Financement international : améliorer l’accès aux financements concessionnels, climatiques et de long terme, tout en réformant le système financier international pour mieux répondre aux besoins de l’Afrique.
Coopération régionale : renforcer l’intégration régionale, les infrastructures transfrontalières, les chaînes de valeur régionales et la coopération Sud-Sud.
Données et gouvernance : disposer de données fiables et renforcer une gouvernance inclusive impliquant les femmes, les jeunes et les communautés vulnérables pour améliorer l’efficacité des politiques.

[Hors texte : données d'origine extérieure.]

-- ===== src/Access/Kept.antt =====
-- Making a channel private does not lock out the member who does it.
use chat_intelli_api.Base.{
  ◌∙◌, eq_refl, String, true, false, ◌&&◌, ◌≡◌, refl, none, some, List, [], ◌∷◌, ◌==◌, arith, inl,
  inr, any, any-append, is_empty, Bool-cases,
}
use chat_intelli_api.Base.Table.{find_first, update_key}
use chat_intelli_api.Access.{
  Role, Visibility, everyone, private_channel, Channel, Grant, Database, is_live, is_grant,
  has_grant, has_access, channel_id_of, get_accessible_channel_ids,
}
use chat_intelli_api.Access.Visible.{is_known, accessible_iff, any-granted}
use chat_intelli_api.Access.Roster.{live_channel, upsert_grant, set_visible, set_channel_visibility}

known_if_found :
    (org id : String) (cs : List Channel) (c : Channel)
    → find_first (λ x. x.id == id && is_live org x) cs ≡ some c
    → any (is_known org id) cs ≡ true
unfolding find_first
known_if_found org id [] c h = absurd (ground arith)
known_if_found org id (x ∷ cs) c h = ground (arith, known_if_found org id cs c)

-- A change of visibility leaves the known channels known.
known_after :
    (org id : String) (v : Visibility) (cs : List Channel)
    → any (is_known org id) (update_key channel_id_of id (set_visible v) cs)
      ≡ any (is_known org id) cs
unfolding update_key
known_after org id v [] = refl
known_after org id v (c ∷ cs) = ground (arith, known_after org id v cs)

has_grant-upsert_grant :
    (g : Grant) (grants : List Grant)
    → has_grant g.member_id (upsert_grant g grants) g.channel_id ≡ true
has_grant-upsert_grant g grants = elim (Bool-cases (has_grant g.member_id grants g.channel_id)) [
  | inl there ↦ rw there there
  | inr new ↦ rw new (
      ground (
        arith,
        any-append (is_grant g.member_id g.channel_id) grants (g ∷ []),
        eq_refl g.member_id,
        eq_refl g.channel_id,
      ))
]

-- Where a live channel of an organisation with a name that is not empty is open, making it private
-- leaves it visible to the member who does it, whatever the member's role.
pub set_channel_visibility-keeps_caller :
    (channel org caller : String) (role : Role) (db : Database) (c : Channel)
    → is_empty org ≡ false
    → live_channel org channel db ≡ some c
    → c.visibility ≡ everyone
    → has_access
        (get_accessible_channel_ids caller role
          (some org)
          (set_channel_visibility channel org private_channel caller db).1)
        channel
      ≡ true
unfolding set_channel_visibility
set_channel_visibility-keeps_caller channel org caller role db c named found was_open =
    let g : Grant = record { channel_id = channel; member_id = caller; granted_by = none } in
    let after : Database = record db {
      channels = update_key channel_id_of channel (set_visible private_channel) db.channels;
      grants = upsert_grant g db.grants;
    } in
    let known : any (is_known org channel) after.channels ≡ true =
      known_after org channel private_channel db.channels
      ∙ known_if_found org channel db.channels c found in
    rw (found, was_open)
      (accessible_iff caller org channel role after named known
        ∙ any-granted caller org channel after.grants role after.channels
            (has_grant-upsert_grant g db.grants)
        ∙ known)
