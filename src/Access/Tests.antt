-- ===== src/Access/Tests.antt =====
-- One organisation with an open and a private channel.
use chat_intelli_api.Base.{
  String, true, false, not, ◌&&◌, ◌≡◌, ◌⊎◌, refl, some, List, [], ◌∷◌, any, contains, ◌==◌,
  if◌then◌else◌,
}
use chat_intelli_api.Base.Exec.{Failure, ok, err}
use chat_intelli_api.Access.{
  owner, everyone, private_channel, Member, Diff, only, Database, get_accessible_channel_ids,
  has_access, has_grant, membership, materialize_access, set_member_channels,
}
use chat_intelli_api.Access.Visible.{is_known, may_see, accessible_iff}
use chat_intelli_api.Access.Granted.{set_member_channels_outcome}

abbrev database : Database
database = record {
  channels =
      record { id = "open"; organization_id = "org"; visibility = everyone; is_deleted = false }
      ∷ record {
        id = "secret";
        organization_id = "org";
        visibility = private_channel;
        is_deleted = false;
      }
      ∷ [];
  members =
      record { id = "m1"; organization_id = "org"; user_id = "bia"; role = owner; is_active = true }
      ∷ [];
  grants = [];
  conversations = [];
}

accessible_iff_example :
    has_access (get_accessible_channel_ids "m1" owner (some "org") database) "secret"
    ≡ any (λ c. is_known "org" "secret" c && may_see "m1" owner [] c) database.channels
accessible_iff_example = accessible_iff "m1" "org" "secret" owner database refl refl

abbrev asked : List String
asked = "open" ∷ []

set_member_channels_outcome_example :
    ((e : Failure) × (set_member_channels "org" "bia" asked "caller" (only asked) database
        ≡ (err e, database)))
    ⊎ ((m : Member) × (d : Diff) × (r : Database) × (membership "org" "bia" database ≡ some m)
        × (set_member_channels "org" "bia" asked "caller" (only asked) database ≡ (ok d, r))
        × (any (λ id. not (contains (materialize_access "org" (only asked) database) id)) asked
            ≡ false)
        × ((q k : String)
            → has_grant q r.grants k ≡ (
                if m.id == q && contains (materialize_access "org" (only asked) database) k
                then contains asked k
                else has_grant q [] k)))
set_member_channels_outcome_example =
    set_member_channels_outcome "org" "bia" asked "caller" (only asked) database
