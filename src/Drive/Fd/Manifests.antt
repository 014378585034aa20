-- ===== src/Drive/Fd/Manifests.antt =====
-- The manifest that a commit sends, from the uploads in order.
use proton_utils.Base.{
  ℕ, suc, ◌+◌, ◌<◌, ◌≡◌, refl, sym, ap, ◌∙◌, none, some, List, [], ◌∷◌, ◌++◌, append-nil,
  append_assoc, length, length-append, Bytes, Map, lookup, IsNodup, nat_eq, Result, ok, ◌>>=◌,
  >>=-eq-ok, inl, inr, true, Bool-cases, ◌==◌, arith,
}
use proton_utils.Drive.Fd.State.{Fd, FdError, Upload, UploadedBlock, Remote}
use proton_utils.Drive.Fd.Commit.{Manifest, no_blocks, add_block, gather, encrypt_and_upload_block}
use proton_utils.Drive.Fd.Stream.{contents}
use proton_utils.Drive.Fd.Completion.{AllOk}
use proton_utils.Drive.Fd.Waits.{outcome}

abbrev pub IsNumbered : ℕ → List Upload → Type 0
IsNumbered i [] = Unit
IsNumbered i (u ∷ us) = (u.0 ≡ i) × IsNumbered (suc i) us

lookup_below : (i j : ℕ) (us : List Upload) → IsNumbered i us → j < i → lookup j us ≡ none
unfolding lookup
lookup_below i j [] h l = refl
lookup_below i j (u ∷ us) h l = ground (arith, lookup_below (suc i) j us)

pub IsNumbered-IsNodup : (i : ℕ) (us : List Upload) → IsNumbered i us → IsNodup us
IsNumbered-IsNodup i [] h = tt
IsNumbered-IsNodup i (u ∷ us) h =
    (ground (arith, lookup_below (suc i) u.0 us), IsNumbered-IsNodup (suc i) us h.1)

-- The uploads one after the other, in the order of their numbers.
unfoldable pub upload_each :
    (Upload → Result FdError UploadedBlock) → List Upload → Result FdError (List UploadedBlock)
upload_each out [] = ok []
upload_each out (u ∷ us) = do ub ← out u; ubs ← upload_each out us; ok (ub ∷ ubs)

abbrev pub numbered_tokens : ℕ → List UploadedBlock → List (ℕ × Bytes)
numbered_tokens i [] = []
numbered_tokens i (ub ∷ ubs) = (i + 1, ub.token) ∷ numbered_tokens (suc i) ubs

abbrev pub raw_sizes : List UploadedBlock → List ℕ
raw_sizes [] = []
raw_sizes (ub ∷ ubs) = ub.raw_size ∷ raw_sizes ubs

abbrev pub hashes : List UploadedBlock → Bytes
hashes [] = []
hashes (ub ∷ ubs) = ub.enc_hash ++ hashes ubs

abbrev pub sum : List ℕ → ℕ
sum [] = 0
sum (n ∷ ns) = n + sum ns

-- The manifest of these blocks: 1-based numbers, sizes, joined hashes, and the total.
abbrev pub manifest_of : List UploadedBlock → Manifest
manifest_of ubs = record {
  block_tokens = numbered_tokens 0 ubs;
  block_sizes = raw_sizes ubs;
  manifest_data = hashes ubs;
  total_size = sum (raw_sizes ubs);
}

abbrev Holds : Map ℕ UploadedBlock → ℕ → List UploadedBlock → Type 0
Holds tokens i [] = Unit
Holds tokens i (ub ∷ ubs) = (lookup i tokens ≡ some ub) × Holds tokens (suc i) ubs

manifest_path :
    {bt bt' : List (ℕ × Bytes)} {bs bs' : List ℕ} {d d' : Bytes} {t t' : ℕ}
    → bt ≡ bt'
    → bs ≡ bs'
    → d ≡ d'
    → t ≡ t'
    → ◌≡◌ {A = Result FdError Manifest}
        (ok (record { block_tokens = bt; block_sizes = bs; manifest_data = d; total_size = t }))
        (ok (record { block_tokens = bt'; block_sizes = bs'; manifest_data = d'; total_size = t' }))
manifest_path p q r s = λ i.
    ok (record { block_tokens = p i; block_sizes = q i; manifest_data = r i; total_size = s i })

gather-Holds :
    (tokens : Map ℕ UploadedBlock) (i : ℕ) (ubs : List UploadedBlock) (m : Manifest)
    → Holds tokens i ubs
    → gather (length ubs) i tokens m
      ≡ ok (record {
        block_tokens = m.block_tokens ++ numbered_tokens i ubs;
        block_sizes = m.block_sizes ++ raw_sizes ubs;
        manifest_data = m.manifest_data ++ hashes ubs;
        total_size = m.total_size + sum (raw_sizes ubs);
      })
unfolding gather add_block
gather-Holds tokens i [] m h =
    manifest_path (sym (append-nil _)) (sym (append-nil _)) (sym (append-nil _)) (omega arith)
gather-Holds tokens i (ub ∷ ubs) m h =
    rw (h.0, gather)
      (gather-Holds tokens (suc i) ubs (add_block i ub m) h.1
        ∙ manifest_path {t = m.total_size + ub.raw_size + sum (raw_sizes ubs)}
            {t' = m.total_size + (ub.raw_size + sum (raw_sizes ubs))}
            (append_assoc m.block_tokens ((i + 1, ub.token) ∷ []) (numbered_tokens (suc i) ubs))
            (append_assoc m.block_sizes (ub.raw_size ∷ []) (raw_sizes ubs))
            (append_assoc m.manifest_data ub.enc_hash (hashes ubs)) (omega arith))

upload_each-cons :
    (out : Upload → Result FdError UploadedBlock) (u : Upload) (us : List Upload)
    {ubs : List UploadedBlock}
    → upload_each out (u ∷ us) ≡ ok ubs
    → (ub : UploadedBlock) × (rest : List UploadedBlock) × (out u ≡ ok ub)
      × (upload_each out us ≡ ok rest)
      × (ubs ≡ ub ∷ rest)
unfolding upload_each
upload_each-cons out u us e =
    let (ub, good, later) = >>=-eq-ok (out u) (λ x. upload_each out us >>= λ xs. ok (x ∷ xs)) e in
    let (rest, goods, last) = >>=-eq-ok (upload_each out us) (λ xs. ok (ub ∷ xs)) later in
    (ub, rest, good, goods, cc last)

upload_each-nil :
    (out : Upload → Result FdError UploadedBlock) (ubs : List UploadedBlock)
    → upload_each out [] ≡ ok ubs
    → ubs ≡ []
unfolding upload_each
upload_each-nil out ubs e = cc e

pub upload_each-AllOk :
    (out : Upload → Result FdError UploadedBlock) (us : List Upload) {ubs : List UploadedBlock}
    → upload_each out us ≡ ok ubs
    → AllOk out us
unfolding lookup
upload_each-AllOk out [] e j block h = absurd (cc)
upload_each-AllOk out (u ∷ us) e j block h =
    let (ub, rest, good, goods, _) = upload_each-cons out u us e in
    elim (Bool-cases (u.0 == j)) [
      | inl here ↦ (ub, ap out (same_pair here) ∙ good)
      | inr later ↦ upload_each-AllOk out us goods j block (ground arith)
    ]
  where
    same_pair : (u.0 == j) ≡ true → (j, block) ≡ u
    same_pair here = ground arith

abbrev Found : (Upload → Result FdError UploadedBlock) → Map ℕ UploadedBlock → List Upload → Type 0
Found out tokens us =
    (j : ℕ) (block : Bytes) (ub : UploadedBlock)
    → lookup j us ≡ some block
    → out (j, block) ≡ ok ub
    → lookup j tokens ≡ some ub

Found-tail :
    (out : Upload → Result FdError UploadedBlock) (tokens : Map ℕ UploadedBlock) (i : ℕ)
    (u : Upload) (us : List Upload)
    → IsNumbered i (u ∷ us)
    → Found out tokens (u ∷ us)
    → Found out tokens us
unfolding lookup
Found-tail out tokens i u us n h j block ub e good =
    h j block ub (ground (arith, lookup_below (suc i) j us n.1)) good

Found-head :
    (out : Upload → Result FdError UploadedBlock) (tokens : Map ℕ UploadedBlock) (u : Upload)
    (us : List Upload) (ub : UploadedBlock)
    → Found out tokens (u ∷ us)
    → out u ≡ ok ub
    → lookup u.0 tokens ≡ some ub
unfolding lookup
Found-head out tokens u us ub h good = h u.0 u.1 ub (ground arith) good

-- The results of the uploads stand under the numbers.
upload_each-Holds :
    (out : Upload → Result FdError UploadedBlock) (tokens : Map ℕ UploadedBlock) (i : ℕ)
    (us : List Upload) {ubs : List UploadedBlock}
    → IsNumbered i us
    → Found out tokens us
    → upload_each out us ≡ ok ubs
    → Holds tokens i ubs × (length ubs ≡ length us)
upload_each-Holds out tokens i [] {ubs} n h e = rw (upload_each-nil out ubs e) (tt, refl)
upload_each-Holds out tokens i (u ∷ us) n h e =
    let (ub, rest, good, goods, is) = upload_each-cons out u us e in
    let (held, count) =
      upload_each-Holds out tokens (suc i) us n.1 (Found-tail out tokens i u us n h) goods in
    rw is ((rw (← n.0) (Found-head out tokens u us ub h good), held), ap suc count)

-- `gather` over the entries of numbered uploads that all succeed is their manifest.
pub gather-upload_each :
    (out : Upload → Result FdError UploadedBlock) (tokens : Map ℕ UploadedBlock) (us : List Upload)
    {ubs : List UploadedBlock}
    → IsNumbered 0 us
    → Found out tokens us
    → upload_each out us ≡ ok ubs
    → gather (length us) 0 tokens no_blocks ≡ ok (manifest_of ubs)
gather-upload_each out tokens us {ubs} n h e =
    let (held, count) = upload_each-Holds out tokens 0 us n h e in
    ap (λ k. gather k 0 tokens no_blocks) (sym count)
    ∙ gather-Holds tokens 0 ubs no_blocks held
    ∙ manifest_path {t = 0 + sum (raw_sizes ubs)} {t' = sum (raw_sizes ubs)} refl refl refl
        (omega arith)

outcome-raw_size :
    (r : Remote) (fd : Fd) (u : Upload) (ub : UploadedBlock)
    → outcome r fd u ≡ ok ub
    → ub.raw_size ≡ length u.1
unfolding encrypt_and_upload_block
outcome-raw_size r fd u ub e = ground arith

-- The sizes add up to the number of bytes written.
pub sum-raw_sizes :
    (r : Remote) (fd : Fd) (us : List Upload) {ubs : List UploadedBlock}
    → upload_each (outcome r fd) us ≡ ok ubs
    → sum (raw_sizes ubs) ≡ length (contents us)
sum-raw_sizes r fd [] {ubs} e = rw (upload_each-nil (outcome r fd) ubs e)
sum-raw_sizes r fd (u ∷ us) e =
    let (ub, rest, good, goods, is) = upload_each-cons (outcome r fd) u us e in
    rw is (
      omega (
        arith,
        outcome-raw_size r fd u ub good,
        sum-raw_sizes r fd us goods,
        length-append u.1 (contents us),
      ))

Alors que l’Afrique entre dans la dernière ligne droite de l’Agenda 2030 des Nations Unies, qui fixe 17 Objectifs de Développement Durable à atteindre d’ici 2030. Et poursuit la mise en œuvre de l’Agenda 2063 de l’Union africaine, véritable feuille de route stratégique pour le développement du continent à long terme, elle évolue dans un contexte mondial marqué par des tensions économiques, climatiques et géopolitiques croissantes.
Malgré des avancées notables dans plusieurs domaines du développement durable, les défis structurels, les inégalités persistantes et les contraintes de financement continuent de freiner la dynamique de transformation.
L’enjeu dépasse la simple gestion des crises. Il s’agit désormais de savoir comment chaque pays peut déployer des actions coordonnées, durables et transformatrices, capables de soutenir une trajectoire de développement solide et inclusive pour le continent sur le long terme.